KUALA LUMPUR: Barisan Nasional is eyeing to capture several parliamentary seats that it did not win in the 15th General Election (GE15), but in which it had garnered the second highest number of votes, says Datuk Seri Dr Ahmad Zahid Hamidi (pic).
Classifying such seats as “Tier 2 seats”, the Barisan chairman said the coalition could win them in the 16th General Election due in 2027.
“I am confident, if unity is the priority and made a key focus in a political organisation like Umno, we can secure the seats in the Tier 2 category,” he said during a podcast episode.
He said the coalition will negotiate with other parties in an effort to capture these seats.
In GE15, Barisan secured only 30 parliamentary seats, comprising 26 from Umno, followed by MCA (two), MIC (one) and Parti Bersatu Rakyat Sabah (one).
The coalition then joined Pakatan Harapan and coalitions from Sabah and Sarawak to form the unity government in November 2022.
The Bagan Datuk MP said that Umno’s losses in GE15 were due to factionalism and that it is now a smaller party.
Although Umno had lost many seats and supporters since GE15, Ahmad Zahid said it was better to be a smaller but cohesive party rather than a large one with multiple factions and problematic members.
“Let Umno be smaller in terms of members who are very loyal to the party,” he said.
“If they are a pain in the neck (in the party) or ‘gunting dalam lipatan’ (hidden enemy), those people are no longer needed.”
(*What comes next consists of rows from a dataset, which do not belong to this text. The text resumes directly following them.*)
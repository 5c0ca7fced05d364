-- ===== src/Printf/Decimal.antt =====
-- The digits that the decimal conversions write.
use raw_os.Common.{
  ℕ, zero, suc, ◌+◌, ◌-◌, ◌*◌, ◌/◌, ◌%◌, ◌^◌, ◌<◌, ◌≤◌, ◌≡◌, refl, ◌∙◌, sym, ap, true, List, [],
  ◌∷◌, ◌++◌, ok, ◌==◌, arith, length, set, drop, take, replicate, Bool-cases, inl, inr, length-drop,
}
use raw_os.CString.Laws.{memcpy-take}
use raw_os.Printf.{digits_loop, put_first, u32_to_str}

-- The number that a text of digits denotes, after the digits of `acc`; 48 is the digit zero.
abbrev pub value_of : ℕ → List ℕ → ℕ
value_of acc [] = acc
value_of acc (c ∷ ds) = value_of (acc * 10 + (c - 48)) ds

abbrev pub AllAreDigits : List ℕ → Type 0
AllAreDigits [] = Unit {0}
AllAreDigits (c ∷ ds) = (48 ≤ c) × (c ≤ 57) × AllAreDigits ds

abbrev power : ℕ → ℕ
power zero = 1
power (suc n) = 10 * power n

value_of-snoc :
    (acc : ℕ) (ds : List ℕ) (c : ℕ) → value_of acc (ds ++ c ∷ []) ≡ value_of acc ds * 10 + (c - 48)
value_of-snoc acc [] c = refl
value_of-snoc acc (d ∷ ds) c = value_of-snoc (acc * 10 + (d - 48)) ds c

AllAreDigits-snoc :
    (ds : List ℕ) (c : ℕ) → AllAreDigits ds → 48 ≤ c → c ≤ 57 → AllAreDigits (ds ++ c ∷ [])
AllAreDigits-snoc [] c h lo hi = (lo, hi, tt)
AllAreDigits-snoc (d ∷ ds) c h lo hi = (h.0, h.1, AllAreDigits-snoc ds c h.2 lo hi)

drop-set : (b : List ℕ) (n v : ℕ) → n < length b → drop n (set b n v) ≡ v ∷ drop (suc n) b
drop-set [] n v h = elim h [ ]
drop-set (x ∷ b) zero v h = refl
drop-set (x ∷ b) (suc n) v h = drop-set b n v (omega arith)

length-set : (b : List ℕ) (n v : ℕ) → length (set b n v) ≡ length b
length-set [] n v = refl
length-set (x ∷ b) zero v = refl
length-set (x ∷ b) (suc n) v = ap suc (length-set b n v)

append-snoc : (xs ys : List ℕ) (c : ℕ) → (xs ++ c ∷ []) ++ ys ≡ xs ++ c ∷ ys
append-snoc [] ys c = refl
append-snoc (x ∷ xs) ys c = ap (λ t. x ∷ t) (append-snoc xs ys c)

zero_test : (n : ℕ) → n < 1 → (n == 0) ≡ true
zero_test n h = ground arith

last_digit : (val : ℕ) → val / 10 * 10 + (48 + val % 10 - 48) ≡ val
last_digit val = omega arith

-- What the loop leaves: the digits of `val` before what was written already.
record Written (n val : ℕ) (b : List ℕ) (r : List ℕ × ℕ) : Type 0 where
  digits : List ℕ
  drop_eq : drop r.1 r.0 ≡ digits ++ drop n b
  le : r.1 ≤ n
  len : length r.0 ≡ length b
  value : value_of 0 digits ≡ val
  all_digits : AllAreDigits digits

digits_loop-Written :
    (n val : ℕ) (b : List ℕ)
    → n ≤ length b
    → val < power n
    → (r : List ℕ × ℕ) × (digits_loop n val b ≡ ok r) × Written n val b r
unfolding digits_loop
digits_loop-Written zero val b hn hv = (
  (b, 0),
  rw (zero_test val hv),
  record {
    digits = [];
    drop_eq = refl;
    le = omega arith;
    len = refl;
    value = omega arith;
    all_digits = tt;
  },
)
digits_loop-Written (suc n) val b hn hv = elim (Bool-cases (val == 0)) [
  | inl e ↦ (
    (b, suc n),
    rw e,
    record {
      digits = [];
      drop_eq = refl;
      le = omega arith;
      len = refl;
      value = ground arith;
      all_digits = tt;
    },
  )
  | inr e ↦
      let c = 48 + val % 10 in
      let (r, er, w) =
        digits_loop-Written n (val / 10) (set b n c) (omega (arith, length-set b n c))
          (omega arith) in
      (
        r,
        rw e er,
        record {
          digits = w.digits ++ c ∷ [];
          drop_eq =
              w.drop_eq
              ∙ ap (λ t. w.digits ++ t) (drop-set b n c (omega arith))
              ∙ sym (append-snoc w.digits (drop (suc n) b) c);
          le = omega (arith, w.le);
          len = w.len ∙ length-set b n c;
          value =
              value_of-snoc 0 w.digits c ∙ (ap (λ t. t * 10 + (c - 48)) w.value ∙ last_digit val);
          all_digits = AllAreDigits-snoc w.digits c w.all_digits (omega arith) (omega arith);
        },
      )
]

append-nil : (xs : List ℕ) → xs ++ [] ≡ xs
append-nil [] = refl
append-nil (x ∷ xs) = ap (λ t. x ∷ t) (append-nil xs)

take-all : (n : ℕ) (xs : List ℕ) → length xs ≤ n → take n xs ≡ xs
take-all zero [] h = refl
take-all (suc n) [] h = refl
take-all zero (x ∷ xs) h = absurd (omega arith)
take-all (suc n) (x ∷ xs) h = ap (λ t. x ∷ t) (take-all n xs (omega arith))

-- The digits of a number as the loop leaves them at the end of its array of 16 bytes.
digits_of :
    (val : ℕ)
    → val < 2 ^ 32
    → (r : List ℕ × ℕ) × (ds : List ℕ) × (digits_loop 16 val (replicate 16 0) ≡ ok r)
      × (drop r.1 r.0 ≡ ds)
      × (length ds ≡ 16 - r.1)
      × (r.1 ≤ 16)
      × (value_of 0 ds ≡ val)
      × AllAreDigits ds
digits_of val lt =
    let (r, e, w) = digits_loop-Written 16 val (replicate 16 0) (omega arith) (omega arith) in
    let ed = w.drop_eq ∙ append-nil w.digits in
    (
      r,
      w.digits,
      e,
      ed,
      omega (arith, length-drop r.1 r.0, ap length ed, w.len),
      w.le,
      w.value,
      w.all_digits,
    )

-- `u32_to_str` of a 32-bit number, with a buffer of 16 bytes, writes a text of digits that denotes the
-- number to the start of the buffer, and nothing behind it, and returns the text's length; the digits
-- fit into its array.
pub u32_to_str-value_of :
    (val : ℕ) (buffer : List ℕ)
    → val < 2 ^ 32
    → 16 ≤ length buffer
    → (ds : List ℕ) × (u32_to_str val buffer ≡ ok (length ds, ds ++ drop (length ds) buffer))
      × (value_of 0 ds ≡ val)
      × AllAreDigits ds
unfolding u32_to_str put_first
u32_to_str-value_of val [] lt room = absurd (omega arith)
u32_to_str-value_of val (x ∷ buffer) lt room = elim (Bool-cases (val == 0)) [
  | inl z ↦ (48 ∷ [], rw z, ground arith, (omega arith, omega arith, tt))
  | inr z ↦
      let (r, ds, e, ed, el, le, ev, ad) = digits_of val lt in
      let em = memcpy-take (x ∷ buffer) ds (16 - r.1) (omega arith) (omega arith) in
      (ds, rw (z, e, ed, em, take-all (16 - r.1) ds (omega arith), ← el), ev, ad)
]
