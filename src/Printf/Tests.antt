-- ===== src/Printf/Tests.antt =====
-- Examples for the conversions of util/printf.c.
use raw_os.Common.{fault, negsuc, ℕ, ◌≡◌, refl, List, ◌∷◌, ◌++◌, ok, arith, length, drop, replicate}
use raw_os.CString.{memcpy}
use raw_os.Printf.{put_first, memcpy_after_first, s32_to_str, digits_loop, u32_to_str}
use raw_os.Printf.Decimal.{value_of, AllAreDigits, u32_to_str-value_of}

abbrev buffer : List ℕ
buffer = replicate 16 1

u32_to_str-value_of_example :
    (ds : List ℕ) × (u32_to_str 4294967295 buffer ≡ ok (length ds, ds ++ drop (length ds) buffer))
    × (value_of 0 ds ≡ 4294967295)
    × AllAreDigits ds
u32_to_str-value_of_example = u32_to_str-value_of 4294967295 buffer (omega arith) (omega arith)

-- The text of 307 in the buffer.
u32_to_str-307 : u32_to_str 307 buffer ≡ ok (3, 51 ∷ 48 ∷ 55 ∷ replicate 13 1)
unfolding u32_to_str digits_loop memcpy
u32_to_str-307 = refl

-- The conversion of -5 reads behind its array.
s32_to_str-minus_5 : s32_to_str (negsuc 4) buffer ≡ fault
unfolding s32_to_str put_first memcpy_after_first digits_loop memcpy
s32_to_str-minus_5 = refl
Ahmad Zahid also took a swipe at exiled Umno leaders Khairy Jamaluddin and Shahril Hamdan, saying the duo can stay out of Umno for good.
While he did not specifically name them, Ahmad Zahid said: “Those who ‘keluar sekejap’ (exited briefly) can ‘keluar selama-lamanya’ (stay out for good).
“My goal is to reunite (party members); those who left can do so for good.”
Khairy, an ex-Umno Youth chief, started the “Keluar Sekejap” podcast with ex-information chief Shahril in 2023.
Umno expelled Khairy and suspended Shahril.
He said those who remained loyal to the party must stay loyal and put the party’s interests above their own.